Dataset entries

______________________________

-- ===== src/Outbounds.antt =====
-- web/service/outbound.go. `by_created` is `ORDER BY created_at desc`, whose ties SQLite may list in any
-- order. The messages of TestConnectivity, which dials the address, are not modelled.
pub mod Dangling
use Prim.Native.Char.{code}
use Prim.Native.String
use nexcore_x_ui.Prelude.{
  ℕ, ◌+◌, String, Bool, true, false, not, ◌&&◌, ◌||◌, Option, none, some, List, [], ◌∷◌, map, ◌==◌,
  str_eq, if◌then◌else◌, leb, ltb, any,
}
use nexcore_x_ui.Prelude.Text.{trim_space}
use nexcore_x_ui.Exec.{
  Err, outbound_tag_invalid, outbound_tag_reserved, outbound_name_empty, outbound_protocol_unsup,
  outbound_address_empty, outbound_port_range, outbound_invalid_json, outbound_tag_duplicate,
  outbound_tag_changed, outbound_not_found, Exec, ◌>>=◌, ◌>>◌, pure, raise, guard, when,
  transaction,
}
use nexcore_x_ui.Json.{Json, text, object, Fields, end, field, JsonText, blank, parsed, malformed}
use nexcore_x_ui.Model.{Inbound, Outbound}
use nexcore_x_ui.Table.Schemas.{Tables, Panel}
use nexcore_x_ui.Panel.{
  find_outbounds, create_outbound, save_outbound, delete_outbounds, update_inbounds, first_or,
}

unfoldable pub is_valid_protocol : String → Bool
is_valid_protocol p =
    str_eq p "vless" || str_eq p "vmess" || str_eq p "trojan" || str_eq p "shadowsocks"

unfoldable pub is_reserved_tag : String → Bool
is_reserved_tag t = str_eq t "api" || str_eq t "direct" || str_eq t "blocked" || str_eq t "dns-out"

-- [A-Za-z0-9_.-]
abbrev is_tag_char : ℕ → Bool
is_tag_char c =
    (leb 65 c && leb c 90)
    || (leb 97 c && leb c 122)
    || (leb 48 c && leb c 57)
    || c == 95
    || c == 46
    || c == 45

tag_chars : String → Bool
tag_chars String.[] = true
tag_chars (String.◌∷◌ c s) = is_tag_char (code c) && tag_chars s

count_chars : String → ℕ
count_chars String.[] = 0
count_chars (String.◌∷◌ c s) = 1 + count_chars s

-- ^[A-Za-z0-9_.-]{1,64}$
unfoldable pub is_tag : String → Bool
unfolding tag_chars count_chars
is_tag t = let n = count_chars t in leb 1 n && leb n 64 && tag_chars t

-- validate trims four fields of the row that it is given.
unfoldable pub trimmed : Outbound → Outbound
trimmed r = record r {
  tag = trim_space r.tag;
  name = trim_space r.name;
  protocol = trim_space r.protocol;
  address = trim_space r.address;
}

abbrev is_json : JsonText → Bool
is_json blank = true
is_json (parsed v) = true
is_json (malformed s) = false

abbrev first_failure : List (Bool × Err) → Option Err
first_failure [] = none
first_failure ((holds, e) ∷ tests) =
    let rest = first_failure tests in if holds then rest else some e

-- The tests of validate on a trimmed row, in their order.
unfoldable pub validate : Outbound → Option Err
unfolding is_tag is_reserved_tag is_valid_protocol
validate r = first_failure (
    (is_tag r.tag, outbound_tag_invalid)
    ∷ (not (is_reserved_tag r.tag), outbound_tag_reserved)
    ∷ (not (str_eq r.name ""), outbound_name_empty)
    ∷ (is_valid_protocol r.protocol, outbound_protocol_unsup)
    ∷ (not (str_eq r.address ""), outbound_address_empty)
    ∷ (ltb 0 r.port && leb r.port 65535, outbound_port_range)
    ∷ (is_json r.settings && is_json r.stream_settings, outbound_invalid_json)
    ∷ [])

abbrev pub refuse_if : {S : Type 0} → Option Err → Exec S (Unit {0})
refuse_if none = pure tt
refuse_if (some e) = raise e

abbrev pub has_id : List ℕ → Outbound → Bool
has_id ids o = any (λ k. o.id == k) ids

abbrev pub bound_to : List String → Inbound → Bool
bound_to tags i = any (λ t. str_eq i.outbound_tag t) tags

abbrev pub unbound : Inbound → Inbound
unbound i = record i { outbound_tag = "" }

abbrev pub tag_of : Outbound → String
tag_of o = o.tag

-- The object of one outbound in the config; `none` skips it.
abbrev parsed_settings : JsonText → Option Json
parsed_settings blank = some (object end)
parsed_settings (parsed v) = some v
parsed_settings (malformed s) = none

abbrev with_stream : Outbound → Json → JsonText → Option Fields
with_stream r settings blank =
    some (
      field "tag" (text r.tag) (field "protocol" (text r.protocol) (field "settings" settings end)))
with_stream r settings (parsed v) = some (
    field "tag" (text r.tag) (
      field "protocol" (text r.protocol)
        (field "settings" settings (field "streamSettings" v end))))
with_stream r settings (malformed s) = none

abbrev with_settings : Outbound → Option Json → Option Fields
with_settings r none = none
with_settings r (some settings) = with_stream r settings r.stream_settings

unfoldable pub gen_outbound : Outbound → Option Fields
gen_outbound r = if r.enable then with_settings r (parsed_settings r.settings) else none

abbrev push : Option Fields → List Fields → List Fields
push none objs = objs
push (some o) objs = o ∷ objs

abbrev pub gen_outbounds : List Outbound → List Fields
unfolding gen_outbound
gen_outbounds [] = []
gen_outbounds (r ∷ rs) = push (gen_outbound r) (gen_outbounds rs)

-- One rule of the routing section: the tag of the inbound, and the tag of the outbound.
pub record RoutingRule : Type 0 where
  pub inbound_tag : String
  pub outbound_tag : String

-- GenXrayRoutingRulesForInbounds
unfoldable pub gen_routing_rules : List Inbound → List RoutingRule
gen_routing_rules [] = []
gen_routing_rules (i ∷ is) =
    let rest = gen_routing_rules is in
    if not i.enable || str_eq i.outbound_tag "" || str_eq i.tag ""
    then rest
    else record { inbound_tag = i.tag; outbound_tag = i.outbound_tag } ∷ rest

module _ (g : Tables) where
  unfoldable pub list_outbounds : (List Outbound → List Outbound) → Exec (Panel g) (List Outbound)
  list_outbounds by_created = do rows ← find_outbounds g (λ _. true); pure (by_created rows)

  unfoldable pub get_outbound : ℕ → Exec (Panel g) Outbound
  get_outbound id = find_outbounds g (λ r. r.id == id) >>= first_or g outbound_not_found

  unfoldable pub get_by_tag : String → Exec (Panel g) Outbound
  get_by_tag tag =
      if str_eq tag ""
      then raise outbound_not_found
      else (find_outbounds g (λ r. str_eq r.tag tag) >>= first_or g outbound_not_found)

  -- Add on the row that validate has trimmed; `now` is in milliseconds.
  abbrev add_trimmed : Outbound → ℕ → Exec (Panel g) (Unit {0})
  add_trimmed r now = do
    refuse_if (validate r)
    same ← find_outbounds g (λ q. str_eq q.tag r.tag)
    guard (not (any (λ _. true) same)) outbound_tag_duplicate
    create_outbound g (record r { id = 0; created_at = now })
    pure tt

  unfoldable pub add_outbound : Outbound → ℕ → Exec (Panel g) (Unit {0})
  unfolding validate trimmed
  add_outbound r now = add_trimmed (trimmed r) now

  abbrev update_trimmed : Outbound → Exec (Panel g) (Unit {0})
  update_trimmed r = do
    refuse_if (validate r)
    existing ← get_outbound r.id
    guard (str_eq existing.tag r.tag) outbound_tag_changed
    save_outbound g (record r { created_at = existing.created_at })
    pure tt

  unfoldable pub update_outbound : Outbound → Exec (Panel g) (Unit {0})
  unfolding get_outbound validate trimmed
  update_outbound r = update_trimmed (trimmed r)

  unfoldable pub set_enable : ℕ → Bool → Exec (Panel g) (Unit {0})
  unfolding get_outbound
  set_enable id enable = do
    r ← get_outbound id
    save_outbound g (record r { enable = enable })
    pure tt

  unfoldable pub delete_outbound : ℕ → Exec (Panel g) (Unit {0})
  unfolding get_outbound
  delete_outbound id = do
    r ← get_outbound id
    update_inbounds g (bound_to (r.tag ∷ [])) unbound
    delete_outbounds g (λ q. q.id == id)
    pure tt

  -- What DeleteMany does in its transaction.
  unfoldable pub delete_bound : List ℕ → Exec (Panel g) ℕ
  delete_bound ids = do
    rows ← find_outbounds g (has_id ids)
    when (any (λ _. true) rows) (update_inbounds g (bound_to (map tag_of rows)) unbound >> pure tt)
    delete_outbounds g (has_id ids)

  unfoldable pub delete_many : List ℕ → Exec (Panel g) ℕ
  unfolding delete_bound
  delete_many [] = pure 0
  delete_many (id ∷ ids) = transaction (delete_bound (id ∷ ids))

  unfoldable pub gen_xray_outbound_configs :
      (List Outbound → List Outbound) → Exec (Panel g) (List Fields)
  unfolding list_outbounds gen_outbound
  gen_xray_outbound_configs by_created = do
    rows ← list_outbounds by_created
    pure (gen_outbounds rows)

______________________________

### [EXERCISE REQUIREMENTS]
Could you set down, word for word, only the lines above from the line with "enable = enable" to the line with "unfoldable pub gen_xray_outbound_configs", including both?

### [RESPONSE AREA]
    save_outbound g (record r { enable = enable })
    pure tt

  unfoldable pub delete_outbound : ℕ → Exec (Panel g) (Unit {0})
  unfolding get_outbound
  delete_outbound id = do
    r ← get_outbound id
    update_inbounds g (bound_to (r.tag ∷ [])) unbound
    delete_outbounds g (λ q. q.id == id)
    pure tt

  -- What DeleteMany does in its transaction.
  unfoldable pub delete_bound : List ℕ → Exec (Panel g) ℕ
  delete_bound ids = do
    rows ← find_outbounds g (has_id ids)
    when (any (λ _. true) rows) (update_inbounds g (bound_to (map tag_of rows)) unbound >> pure tt)
    delete_outbounds g (has_id ids)

  unfoldable pub delete_many : List ℕ → Exec (Panel g) ℕ
  unfolding delete_bound
  delete_many [] = pure 0
  delete_many (id ∷ ids) = transaction (delete_bound (id ∷ ids))

  unfoldable pub gen_xray_outbound_configs :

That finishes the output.